23. tin-silver convex block structure of flip chip manufacture method as claimed in claim 11 is characterized in that, the mass percent of the silver content of described tin-silver convex block bottom part is 3.0%-4.0%.

24. tin-silver convex block structure of flip chip manufacture method as claimed in claim 11 is characterized in that, the mass percent of the silver content of described tin-silver convex block upper part is 0.5%-3.0%.

25. tin-silver convex block structure of flip chip manufacture method as claimed in claim 21 is characterized in that, the current density when electroplating described tin-silver convex block bottom part is 2.0-3.0 ampere/square decimeter.

26. tin-silver convex block structure of flip chip manufacture method as claimed in claim 22 is characterized in that, the current density when electroplating described tin-silver convex block upper part is 4.0-6.0 ampere/square decimeter.

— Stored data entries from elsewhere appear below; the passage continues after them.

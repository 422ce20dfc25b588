-- ===== src/Backend/KeyFile/Provision.antt =====
-- ProvisionSoftwareKey of internal/backend/software_file.go and the lock of software_lock_unix.go: the files
-- at a key's canonical path, and every point at which the system may fail or the context end.
use cosmosigner.Prelude.{
  ℕ, ◌==◌, Bytes, Bool, true, false, not, Option, none, some, List, [], ◌∷◌, length, take, Result,
  ok, err, fail_if, or_fail, if◌then◌else◌,
}
use cosmosigner.Prelude.Exec.{Exec, pure, lift, gets, check, modify, skip, ◌>>=◌, ◌>>◌}
use cosmosigner.Backend.KeyFile.{
  KeyFileError, unopened, uninspected, not_locked, cancelled, claimed, unclosed, exists,
  not_encoded, no_temporary, no_permissions, not_written, short_write, not_synced, not_published,
  directory_not_synced, not_unlocked, PrivKey, FilePvKey, KeyCodec, FileInfo, validate_file,
}

-- The contents of the key file, of the temporary file and of the binding marker.
pub record Files : Type 0 where
  pub key : Option Bytes
  pub temporary : Option Bytes
  pub marker : Option Bytes

abbrev pub Filing : Type 0 → Type 0
Filing A = Exec KeyFileError Files A

-- One turn of the wait for the lock: whether the context has ended before it, the answer of flock, and
-- whether the context ends in the pause after it.
pub data Flock : Type 0 where
  granted held refused : Flock

pub record LockTurn : Type 0 where
  pub ended_before : Bool
  pub flock : Flock
  pub ends_after : Bool

-- acquireSoftwareKeyLock once the lock file is open; the context ends after the last turn.
unfoldable pub wait_for_lock : List LockTurn → Result KeyFileError (Unit {0})
wait_for_lock [] = err cancelled
wait_for_lock (t ∷ turns) =
    let later = wait_for_lock turns in
    if t.ended_before then err cancelled else elim t.flock [
      | granted ↦ ok tt
      | refused ↦ err not_locked
      | held ↦ if t.ends_after then err cancelled else later
    ]

-- acquireSoftwareKeyLock
unfoldable pub acquire_lock : Bool → List LockTurn → Result KeyFileError (Unit {0})
acquire_lock unopenable turns = if unopenable then err not_locked else wait_for_lock turns

-- What happens in a provisioning. `written` is the number of bytes that Write wrote, `fresh` the key that
-- CometBFT generates.
pub record ProvisionEnv : Type 0 where
  pub path : Result KeyFileError Bytes
  pub lock : Result KeyFileError (Unit {0})
  pub unlock_fails : Bool
  pub ended_locked : Bool
  pub overwrite : Bool
  pub marker_unreadable : Bool
  pub key_unopened : Bool
  pub key_info : FileInfo
  pub key_unclosed : Bool
  pub fresh : PrivKey
  pub fresh_public : Bytes
  pub create_fails : Bool
  pub chmod_fails : Bool
  pub written : ℕ
  pub write_fails : Bool
  pub sync_fails : Bool
  pub close_fails : Bool
  pub ended_written : Bool
  pub rename_fails : Bool
  pub directory_unopened : Bool
  pub directory_sync_fails : Bool
  pub directory_close_fails : Bool
  pub remove_fails : Bool

abbrev pub failing : Bool → KeyFileError → Filing (Unit {0})
failing b e = lift (fail_if b e)

abbrev pub is_some : Option Bytes → Bool
is_some none = false
is_some (some a) = true

-- os.Rename of the temporary file to the key's path.
abbrev pub publish : Files → Files
publish s = record s { key = s.temporary; temporary = none }

abbrev pub fresh_key : ProvisionEnv → FilePvKey
fresh_key e = record { priv_key = some e.fresh; pub_key = some e.fresh_public }

module _ (e : ProvisionEnv) where
  -- os.Remove of the temporary file, whose error is dropped.
  abbrev pub remove_temporary : Files → Files
  remove_temporary s = if e.remove_fails then s else record s { temporary = none }

  abbrev pub removed :
      Result KeyFileError (Unit {0}) × Files → Result KeyFileError (Unit {0}) × Files
  removed (r, s) = (r, remove_temporary s)

  -- What a deferred removal does.
  unfoldable pub removing : Filing (Unit {0}) → Filing (Unit {0})
  removing m s = removed (m s)

  -- The temporary file gets its contents.
  unfoldable pub fill : Bytes → Filing (Unit {0})
  fill content =
      failing e.chmod_fails no_permissions
      >> modify (λ s. record s { temporary = some (take e.written content) })
      >> failing e.write_fails not_written
      >> failing (not (e.written == length content)) short_write
      >> failing e.sync_fails not_synced
      >> failing e.close_fails unclosed

  unfoldable pub sync_directory : Filing (Unit {0})
  sync_directory =
      failing e.directory_unopened directory_not_synced
      >> failing e.directory_sync_fails directory_not_synced
      >> failing e.directory_close_fails directory_not_synced

  unfoldable pub write_body : Bytes → Filing (Unit {0})
  write_body content =
      fill content
      >> failing e.ended_written cancelled
      >> failing e.rename_fails not_published
      >> modify publish
      >> sync_directory

  -- writeSoftwareKeyAtomically
  unfoldable pub write_atomically : Bytes → Filing (Unit {0})
  write_atomically content =
      failing e.create_fails no_temporary
      >> modify (λ s. record s { temporary = some [] })
      >> removing (write_body content)

  unfoldable pub write_then_answer : Bytes → Filing Bytes
  write_then_answer content = write_atomically content >> pure e.fresh_public

  -- The key file that is there is replaced only where that is asked for.
  unfoldable pub check_existing : Bool → Filing (Unit {0})
  check_existing found =
      if found
      then lift (validate_file e.key_info)
        >> failing e.key_unclosed unclosed
        >> failing (not e.overwrite) exists
      else skip

  unfoldable pub check_replaceable : Filing (Unit {0})
  check_replaceable =
      failing e.marker_unreadable uninspected
      >> check (λ s. is_some s.marker) claimed
      >> failing e.key_unopened unopened
      >> gets (λ s. is_some s.key)
      >>= check_existing

  unfoldable pub replace : KeyCodec → Filing Bytes
  replace x =
      check_replaceable >> lift (or_fail (x.encode (fresh_key e)) not_encoded) >>= write_then_answer

  abbrev pub unlocked : Result KeyFileError Bytes × Files → Result KeyFileError Bytes × Files
  unlocked (ok p, s) = (if e.unlock_fails then err not_unlocked else ok p, s)
  unlocked (err x, s) = (err x, s)

  unfoldable pub unlocking : Filing Bytes → Filing Bytes
  unlocking m s = unlocked (m s)

  -- withSoftwareKeyLock
  unfoldable pub with_lock : Filing Bytes → Filing Bytes
  with_lock operation = lift e.lock >> unlocking (failing e.ended_locked cancelled >> operation)

  -- ProvisionSoftwareKey
  unfoldable pub provision : KeyCodec → Filing Bytes
  provision x = lift e.path >>= λ p. with_lock (replace x)
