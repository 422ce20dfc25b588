-- ===== src/Backend/KeyFile/Provisioned.antt =====
-- ProvisionSoftwareKey of internal/backend/software_file.go: what a provisioning leaves at the key's path,
-- wherever it fails.
use cosmosigner.Prelude.{
  ◌≡◌, refl, sym, ap, ◌∙◌, subst, ◌⊎◌, inl, inr, ◌==◌, ==_iff, Bytes, Bool, true, false, not,
  Option, none, some, [], ◌∷◌, length, take, Result, ok, err, ok_inj, fail_if, fail_if_ok, or_fail,
  if◌then◌else◌,
}
use cosmosigner.Prelude.Exec.{
  Lands, Leads, bind-leads, if_eq-leads, lift-leads, lift_eq-leads, check-leads, gets-leads,
  modify-leads, skip-leads, pure-leads,
}
use cosmosigner.Backend.KeyFile.{KeyFileError, KeyCodec, not_encoded, short_write, not_unlocked}
use cosmosigner.Backend.KeyFile.Provision.{
  Files, Filing, ProvisionEnv, failing, is_some, fresh_key, remove_temporary, removed, removing,
  fill, sync_directory, write_body, write_then_answer, write_atomically, check_existing,
  check_replaceable, replace, unlocked, unlocking, with_lock, provision,
}

take_all : (b : Bytes) → take (length b) b ≡ b
take_all [] = refl
take_all (x ∷ b) = ap (◌∷◌ x) (take_all b)

not_some : (o : Option Bytes) → is_some o ≡ false → o ≡ none
not_some none h = refl
not_some (some a) h = cc h

encoded :
    (o : Option Bytes) {c : Bytes}
    → ◌≡◌ {A = Result KeyFileError Bytes} (or_fail o not_encoded) (ok c)
    → o ≡ some c
encoded none h = cc h
encoded (some d) h = ap some (ok_inj h)

module _ (x : KeyCodec) (e : ProvisionEnv) (s₀ : Files) where
  -- A replacement is allowed: nothing claims the key, and it is new or to be overwritten.
  abbrev pub IsAllowed : Type 0
  IsAllowed = (s₀.marker ≡ none) × ((s₀.key ≡ none) ⊎ (e.overwrite ≡ true))

  -- The key file holds the whole text of the new key.
  abbrev pub HoldsFresh : Files → Type 0
  HoldsFresh s = (text : Bytes) × (x.encode (fresh_key e) ≡ some text) × (s.key ≡ some text)

  -- The key file is as it was.
  abbrev pub IsKept : Files → Type 0
  IsKept s = (s.key ≡ s₀.key) × (s.marker ≡ s₀.marker)

  abbrev pub IsReplaced : Files → Type 0
  IsReplaced s = HoldsFresh s × IsAllowed × (s.marker ≡ s₀.marker)

  abbrev pub IsWhole : Files → Type 0
  IsWhole s = IsKept s ⊎ IsReplaced s

  abbrev Step : (Files → Type 0) → Filing (Unit {0}) → (Files → Type 0) → Type 0
  Step P m Q = Leads P m (λ u. Q) IsWhole

  kept-failing :
      {P : Files → Type 0} (b : Bool) (er : KeyFileError)
      → ((s : Files) → P s → IsWhole s)
      → Step P (failing b er) P
  kept-failing b er h = lift-leads _ (λ u s p. p) h

  abbrev Written : Bytes → Files → Type 0
  Written t s = IsKept s × (s.temporary ≡ some t)

  fill-Step : (t : Bytes) → Step IsKept (fill e t) (Written t)
  unfolding fill
  fill-Step t =
      bind-leads
        (bind-leads
          (bind-leads
            (bind-leads
              (bind-leads (kept-failing _ _ λ s k. inl k) λ u.
                modify-leads {Q = λ u. Written (take e.written t)} {R = IsWhole} _ λ s k. (k, refl))
              λ u. kept-failing _ _ λ s k. inl k.0)
            λ u.
              lift_eq-leads {Q = λ u. Written t} _ (λ u h s k. (k.0, k.1 ∙ ap some (all_of h)))
                λ s k. inl k.0)
          λ u. kept-failing _ _ λ s k. inl k.0)
        λ u. kept-failing _ _ λ s k. inl k.0
    where
      unflip : (b : Bool) → not b ≡ false → b ≡ true
      unflip true h = refl
      unflip false h = cc h

      all_of :
          {u : Unit {0}}
          → ◌≡◌ {A = Result KeyFileError (Unit {0})}
              (fail_if (not (e.written == length t)) short_write)
              (ok u)
          → take e.written t ≡ t
      all_of h =
          subst (λ n. take n t ≡ t)
            (sym ((==_iff e.written (length t)).0 (unflip _ (fail_if_ok _ _ h)))) (take_all t)

  abbrev Encoded : Bytes → Type 0
  Encoded t = x.encode (fresh_key e) ≡ some t

  sync-Step : Step IsReplaced (sync_directory e) IsReplaced
  unfolding sync_directory
  sync-Step = bind-leads (bind-leads (replaced _ _) λ u. replaced _ _) λ u. replaced _ _
    where
      replaced : (b : Bool) (er : KeyFileError) → Step IsReplaced (failing b er) IsReplaced
      replaced b er = kept-failing b er λ s k. inr k

  published : (t : Bytes) → Encoded t → IsAllowed → Step IsKept (write_body e t) IsReplaced
  unfolding write_body
  published t same may =
      bind-leads
        (bind-leads
          (bind-leads (bind-leads (fill-Step t) λ u. kept-failing _ _ λ s k. inl k.0)
            λ u. kept-failing _ _ λ s k. inl k.0)
          λ u.
            modify-leads {Q = λ u. IsReplaced} {R = IsWhole} _ λ s k. ((t, same, k.1), may, k.0.1))
        λ u. sync-Step

  -- Dropping the temporary file touches neither the key nor the marker.
  removing-Step :
      {m : Filing (Unit {0})} → Step IsKept m IsReplaced → Step IsKept (removing e m) IsReplaced
  unfolding removing
  removing-Step {m = m} l = record { at = λ s p. landed (m s) (l.at s p) }
    where
      untouched :
          (s : Files)
          → ((remove_temporary e s).key ≡ s.key) × ((remove_temporary e s).marker ≡ s.marker)
      untouched s = (fst_part e.remove_fails, snd_part e.remove_fails)
        where
          fst_part : (b : Bool) → (if b then s else record s { temporary = none }).key ≡ s.key
          fst_part true = refl
          fst_part false = refl

          snd_part : (b : Bool) → (if b then s else record s { temporary = none }).marker ≡ s.marker
          snd_part true = refl
          snd_part false = refl

      replaced : (s : Files) → IsReplaced s → IsReplaced (remove_temporary e s)
      replaced s ((t, same, k), may, m) = ((t, same, (untouched s).0 ∙ k), may, (untouched s).1 ∙ m)

      landed :
          (r : Result KeyFileError (Unit {0}) × Files)
          → Lands (λ u. IsReplaced) IsWhole r
          → Lands (λ u. IsReplaced) IsWhole (removed e r)
      landed (ok u, s) k = replaced s k
      landed (err z, s) (inl k) = inl ((untouched s).0 ∙ k.0, (untouched s).1 ∙ k.1)
      landed (err z, s) (inr k) = inr (replaced s k)

  write-Step : (t : Bytes) → Encoded t → IsAllowed → Step IsKept (write_atomically e t) IsReplaced
  unfolding write_atomically
  write-Step t same may =
      bind-leads
        (bind-leads (kept-failing _ _ λ s k. inl k)
          λ u. modify-leads {Q = λ u. IsKept} {R = IsWhole} _ λ s k. k)
        λ u. removing-Step (published t same may)

  abbrev Found : Bool → Files → Type 0
  Found b s = IsKept s × (s₀.marker ≡ none) × (is_some s₀.key ≡ b)

  abbrev Replaceable : Files → Type 0
  Replaceable s = IsKept s × IsAllowed

  existing-Step : (b : Bool) → Step (Found b) (check_existing e b) Replaceable
  unfolding check_existing
  existing-Step b =
      if_eq-leads b
        (λ h.
          bind-leads
            (bind-leads (lift-leads _ (λ u s k. k) λ s k. inl k.0)
              λ u. kept-failing _ _ λ s k. inl k.0)
            λ u.
              lift_eq-leads {Q = λ u. Replaceable} _
                (λ u h s k. (k.0, (k.1, inr (unflip _ (fail_if_ok _ _ h))))) λ s k. inl k.0)
        λ h. skip-leads λ s k. (k.0, (k.1, inl (not_some _ (k.2 ∙ h))))
    where
      unflip : (b : Bool) → not b ≡ false → b ≡ true
      unflip true h = refl
      unflip false h = cc h

  check_replaceable-Step : Step IsKept (check_replaceable e) Replaceable
  unfolding check_replaceable
  check_replaceable-Step =
      bind-leads
        (bind-leads
          (bind-leads
            (bind-leads (kept-failing _ _ λ s k. inl k) λ u.
              check-leads {Q = λ u s. IsKept s × (s₀.marker ≡ none)} {R = IsWhole} _ _
                (λ s k h. (k, sym k.1 ∙ not_some _ h)) λ s k. inl k)
            λ u. kept-failing _ _ λ s k. inl k.0)
          λ u. gets-leads {Q = Found} {R = IsWhole} _ λ s k. (k.0, k.1, ap is_some (sym k.0.0)))
        existing-Step

  abbrev pub Provisioned : Bytes → Files → Type 0
  Provisioned p s = (p ≡ e.fresh_public) × IsReplaced s

  abbrev Provisions : Filing Bytes → Type 0
  Provisions m = Leads IsKept m Provisioned IsWhole

  replace-Provisions : Provisions (replace e x)
  unfolding replace write_then_answer
  replace-Provisions =
      bind-leads
        (bind-leads check_replaceable-Step λ u.
          lift_eq-leads {Q = λ t s. Encoded t × Replaceable s} {R = IsWhole} _
            (λ t h s k. (encoded _ h, k)) λ s k. inl k.0)
        λ t. written t
    where
      written :
          (t : Bytes)
          → Leads (λ s. Encoded t × Replaceable s) (write_then_answer e t) Provisioned IsWhole
      written t = record {
        at = λ s k.
            (bind-leads (write-Step t k.0 k.1.1)
                λ u. pure-leads {Q = Provisioned} {R = IsWhole} _ λ s k. (refl, k)).at
              s k.1.0;
      }

  unlocking-Provisions : {m : Filing Bytes} → Provisions m → Provisions (unlocking e m)
  unfolding unlocking
  unlocking-Provisions {m = m} l = record { at = λ s p. landed (m s) (l.at s p) }
    where
      answered :
          (b : Bool) (p : Bytes) (s : Files)
          → Provisioned p s
          → Lands Provisioned IsWhole (if b then err not_unlocked else ok p, s)
      answered true p s k = inr k.1
      answered false p s k = k

      landed :
          (r : Result KeyFileError Bytes × Files)
          → Lands Provisioned IsWhole r
          → Lands Provisioned IsWhole (unlocked e r)
      landed (ok p, s) k = answered e.unlock_fails p s k
      landed (err z, s) k = k

  lock-Provisions : {m : Filing Bytes} → Provisions m → Provisions (with_lock e m)
  unfolding with_lock
  lock-Provisions l =
      bind-leads (lift-leads _ (λ u s k. k) λ s k. inl k)
        λ u. unlocking-Provisions (bind-leads (kept-failing _ _ λ s k. inl k) λ u. l)

  provision-Provisions : Provisions (provision e x)
  unfolding provision
  provision-Provisions =
      bind-leads (lift-leads {Q = λ p. IsKept} _ (λ p s k. k) λ s k. inl k)
        λ p. lock-Provisions replace-Provisions

  -- Wherever a provisioning fails, the key file ends as it was or with the whole text of the new key, and in
  -- the second case no marker claims the key, and there was no key file or overwriting was asked for.
  -- Where it returns a public key, that is the new key's, and the file holds the new key. The marker stays.
  pub provision-Lands : Lands Provisioned IsWhole (provision e x s₀)
  provision-Lands = provision-Provisions.at s₀ (refl, refl)
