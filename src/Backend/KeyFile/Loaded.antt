-- ===== src/Backend/KeyFile/Loaded.antt =====
-- loadSoftwarePrivateKey of internal/backend/software_file.go on what ProvisionSoftwareKey wrote.
use cosmosigner.Prelude.{◌≡◌, ap, ◌∙◌, Bytes, bytes_eq_refl, false, some, ok}
use cosmosigner.Prelude.Exec.{landed_ok}
use cosmosigner.Backend.KeyFile.{
  FilePvKey, KeyCodec, FileInfo, validate_file, check_public, derive_public_key, checked_key,
  load_private_key,
}
use cosmosigner.Backend.KeyFile.Provision.{Files, ProvisionEnv, fresh_key, provision}
use cosmosigner.Backend.KeyFile.Provisioned.{IsWhole, Provisioned, provision-Lands}

-- A key file with the public key that its private key derives is consistent.
fresh_checked :
    (x : KeyCodec) (e : ProvisionEnv)
    → derive_public_key x e.fresh ≡ ok e.fresh_public
    → checked_key x (fresh_key e) ≡ ok e.fresh
unfolding checked_key check_public
fresh_checked x e derives = rw (derives, bytes_eq_refl e.fresh_public)

load_text :
    (x : KeyCodec) (i : FileInfo) (text : Bytes) (f : FilePvKey)
    → validate_file i ≡ ok tt
    → x.decode text ≡ some f
    → load_private_key x false i (some text) ≡ checked_key x f
unfolding load_private_key
load_text x i text f valid decodes = rw (valid, decodes)

-- After a provisioning that returned a public key, where JSON reads back what it wrote, the new private
-- key derives that public key and the file passes the checks of its kind and its links, the software
-- backend loads the new private key from the key's path.
pub provision_then_load :
    (x : KeyCodec) (e : ProvisionEnv) (s : Files) (p : Bytes) (i : FileInfo)
    (reads_back : (f : FilePvKey) (text : Bytes) → x.encode f ≡ some text → x.decode text ≡ some f)
    (derives : derive_public_key x e.fresh ≡ ok e.fresh_public) (valid : validate_file i ≡ ok tt)
    (returned : (provision e x s).0 ≡ ok p)
    → load_private_key x false i (provision e x s).1.key ≡ ok e.fresh
provision_then_load x e s p i reads_back derives valid returned = loaded (
    landed_ok (Provisioned x e s) (IsWhole x e s) (provision e x s) p (provision-Lands x e s)
      returned)
  where
    loaded :
        Provisioned x e s p (provision e x s).1
        → load_private_key x false i (provision e x s).1.key ≡ ok e.fresh
    loaded (same, ((text, encodes, holds), may, m)) =
        ap (load_private_key x false i) holds
        ∙ load_text x i text (fresh_key e) valid (reads_back (fresh_key e) text encodes)
        ∙ fresh_checked x e derives
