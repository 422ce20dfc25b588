-- ===== src/Backend/KeyFile/Tests.antt =====
-- A provisioning of a key file, and the loading of key files.
use cosmosigner.Prelude.{
  ◌≡◌, refl, sym, ap, ℕ, zero, suc, bytes_eq, Bytes, codes, true, false, Option, none, some,
  some_inj, [], ◌∷◌, ◌++◌, ok, err,
}
use cosmosigner.Prelude.Exec.{lift, gets, check, modify, skip, pure, ◌>>=◌, Lands}
use cosmosigner.Backend.KeyFile.{
  wrong_size, halves_differ, other_public_key, many_links, dangling, same_file, exists, claimed,
  short_write, not_unlocked, cancelled, not_locked, PrivKey, ed25519, secp256k1, other_type,
  Derived, derived, panics, FilePvKey, KeyCodec, FileInfo, StdKeys, validate_links, validate_file,
  check_size, check_public, derive_public_key, checked_key, load_private_key, resolve_existing,
  missing, absent, symbolic_link, check_leaf, resolve_links, resolve_provision, pkcs8_of,
  load_key_file_pkcs8, with_binding, new_software,
}
use cosmosigner.Backend.KeyFile.Provision.{
  Files, LockTurn, granted, held, refused, wait_for_lock, acquire_lock, ProvisionEnv, removing,
  fill, sync_directory, write_body, write_atomically, write_then_answer, check_existing,
  check_replaceable, replace, unlocking, with_lock, provision,
}
use cosmosigner.Backend.KeyFile.Provisioned.{Provisioned, IsWhole, provision-Lands}
use cosmosigner.Backend.KeyFile.Loaded.{provision_then_load}

machine : Unit {0}
unfolding bytes_eq validate_links validate_file check_size check_public derive_public_key
    checked_key load_private_key resolve_existing check_leaf resolve_links resolve_provision
    pkcs8_of load_key_file_pkcs8 with_binding new_software wait_for_lock acquire_lock removing fill
    sync_directory write_body write_atomically write_then_answer check_existing check_replaceable
    replace unlocking with_lock provision lift gets check modify skip pure ◌>>=◌
machine = tt

-- A codec for Ed25519 keys with a public key of one byte, which is the first byte of the private key.
abbrev encode_key : Option PrivKey → Option Bytes → Option Bytes
encode_key (some (ed25519 k)) (some (p ∷ [])) = some (p ∷ k)
encode_key _ _ = none

abbrev decode_key : Bytes → Option FilePvKey
decode_key [] = none
decode_key (p ∷ k) = some (record { priv_key = some (ed25519 k); pub_key = some (p ∷ []) })

abbrev first_byte : PrivKey → Derived
first_byte (ed25519 (b ∷ k)) = derived (b ∷ [])
first_byte k = panics

abbrev codec : KeyCodec
codec = record {
  decode = decode_key;
  encode = λ f. encode_key f.priv_key f.pub_key;
  public_of = first_byte;
}

reads_back_parts :
    (k : Option PrivKey) (p : Option Bytes) (text : Bytes)
    → encode_key k p ≡ some text
    → decode_key text ≡ some (record { priv_key = k; pub_key = p })
reads_back_parts none p text h = cc h
reads_back_parts (some (secp256k1 k)) p text h = cc h
reads_back_parts (some (other_type k)) p text h = cc h
reads_back_parts (some (ed25519 k)) none text h = cc h
reads_back_parts (some (ed25519 k)) (some []) text h = cc h
reads_back_parts (some (ed25519 k)) (some (p ∷ q ∷ r)) text h = cc h
reads_back_parts (some (ed25519 k)) (some (p ∷ [])) text h = ap decode_key (sym (some_inj.0 h))

-- A byte so many times.
abbrev bytes_of : ℕ → ℕ → Bytes
bytes_of zero b = []
bytes_of (suc n) b = b ∷ bytes_of n b

abbrev one_link : FileInfo
one_link = record { stat_fails = false; is_regular = true; links = some 1 }

abbrev env : ProvisionEnv
env = record {
  path = ok (codes "/keys/validator.json");
  lock = ok tt;
  unlock_fails = false;
  ended_locked = false;
  overwrite = true;
  marker_unreadable = false;
  key_unopened = false;
  key_info = one_link;
  key_unclosed = false;
  fresh = ed25519 (bytes_of 64 7);
  fresh_public = 7 ∷ [];
  create_fails = false;
  chmod_fails = false;
  written = 65;
  write_fails = false;
  sync_fails = false;
  close_fails = false;
  ended_written = false;
  rename_fails = false;
  directory_unopened = false;
  directory_sync_fails = false;
  directory_close_fails = false;
  remove_fails = false;
}

abbrev old_key : Files
old_key = record { key = some (codes "old"); temporary = none; marker = none }

abbrev new_key : Files
new_key = record old_key { key = some (bytes_of 65 7) }

replaces : provision env codec old_key ≡ (ok (7 ∷ []), new_key)
unfolding machine
replaces = refl

no_overwrite : provision (record env { overwrite = false }) codec old_key ≡ (err exists, old_key)
unfolding machine
no_overwrite = refl

abbrev claimed_key : Files
claimed_key = record old_key { marker = some (codes "marker") }

refuses_claimed : provision env codec claimed_key ≡ (err claimed, claimed_key)
unfolding machine
refuses_claimed = refl

-- The disk is full after three bytes, and the temporary file cannot be removed.
torn_write :
    provision (record env { written = 3; remove_fails = true }) codec old_key
    ≡ (err short_write, record old_key { temporary = some (7 ∷ 7 ∷ 7 ∷ []) })
unfolding machine
torn_write = refl

-- The key is replaced although the lock could not be released.
stuck_lock :
    provision (record env { unlock_fails = true }) codec old_key ≡ (err not_unlocked, new_key)
unfolding machine
stuck_lock = refl

abbrev turn : LockTurn
turn = record { ended_before = false; flock = held; ends_after = false }

waits : wait_for_lock (turn ∷ turn ∷ record turn { flock = granted } ∷ []) ≡ ok tt
unfolding machine
waits = refl

gives_up : acquire_lock false (turn ∷ record turn { ends_after = true } ∷ []) ≡ err cancelled
unfolding machine
gives_up = refl

refused_lock : acquire_lock false (turn ∷ record turn { flock = refused } ∷ []) ≡ err not_locked
unfolding machine
refused_lock = refl

other_public :
    load_private_key codec false one_link (some (8 ∷ bytes_of 64 7)) ≡ err other_public_key
unfolding machine
other_public = refl

short_key : load_private_key codec false one_link (some (7 ∷ bytes_of 63 7)) ≡ err wrong_size
unfolding machine
short_key = refl

two_links :
    load_private_key codec false (record one_link { links = some 2 }) (some []) ≡ err many_links
unfolding machine
two_links = refl

new_path :
    resolve_provision (codes "k") false false missing absent (some (codes "/d/k"))
    ≡ ok (codes "/d/k")
unfolding machine
new_path = refl

dangling_path :
    resolve_provision (codes "k") false false missing symbolic_link (some (codes "/d/k"))
    ≡ err dangling
unfolding machine
dangling_path = refl

-- A file in one directory whose marker is set to the key itself.
marker_on_key :
    new_software codec
      (codes ".json")
      (codes "k")
      (codes "m")
      false
      (some (codes "/k"))
      false
      one_link
      (some (bytes_of 65 7))
      (ok (codes "/k"))
    ≡ err same_file
unfolding machine
marker_on_key = refl

abbrev std : StdKeys
std = record { public = λ seed. seed; pkcs8 = λ seed. some (48 ∷ seed) }

-- Key files without a stored public key.
abbrev bare : KeyCodec
bare = record codec {
  decode = λ text. some (record { priv_key = some (ed25519 text); pub_key = none });
}

exports : load_key_file_pkcs8 bare std (some (bytes_of 64 7)) ≡ ok (48 ∷ bytes_of 32 7, 7 ∷ [])
unfolding machine
exports = refl

broken_halves :
    load_key_file_pkcs8 bare std (some (bytes_of 32 7 ++ bytes_of 32 6)) ≡ err halves_differ
unfolding machine
broken_halves = refl

provision-Lands_example :
    Lands (Provisioned codec env old_key) (IsWhole codec env old_key) (provision env codec old_key)
provision-Lands_example = provision-Lands codec env old_key

provision_then_load_example :
    load_private_key codec false one_link (provision env codec old_key).1.key
    ≡ ok (ed25519 (bytes_of 64 7))
unfolding machine
provision_then_load_example =
    provision_then_load codec env old_key (7 ∷ []) one_link
      (λ f text h. reads_back_parts f.priv_key f.pub_key text h) refl refl refl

27. tin-silver convex block structure of flip chip manufacture method as claimed in claim 25 is characterized in that, the time of electroplating described tin-silver convex block bottom part is 3 minutes.

28. tin-silver convex block structure of flip chip manufacture method as claimed in claim 11 is characterized in that, the thickness of described tin-silver convex block bottom part is 3-9um.

29. tin-silver convex block structure of flip chip manufacture method as claimed in claim 11 is characterized in that, finishes will be exposed to the outer projection lower metal layer that is not covered by described tin-silver convex block after the plating and erode.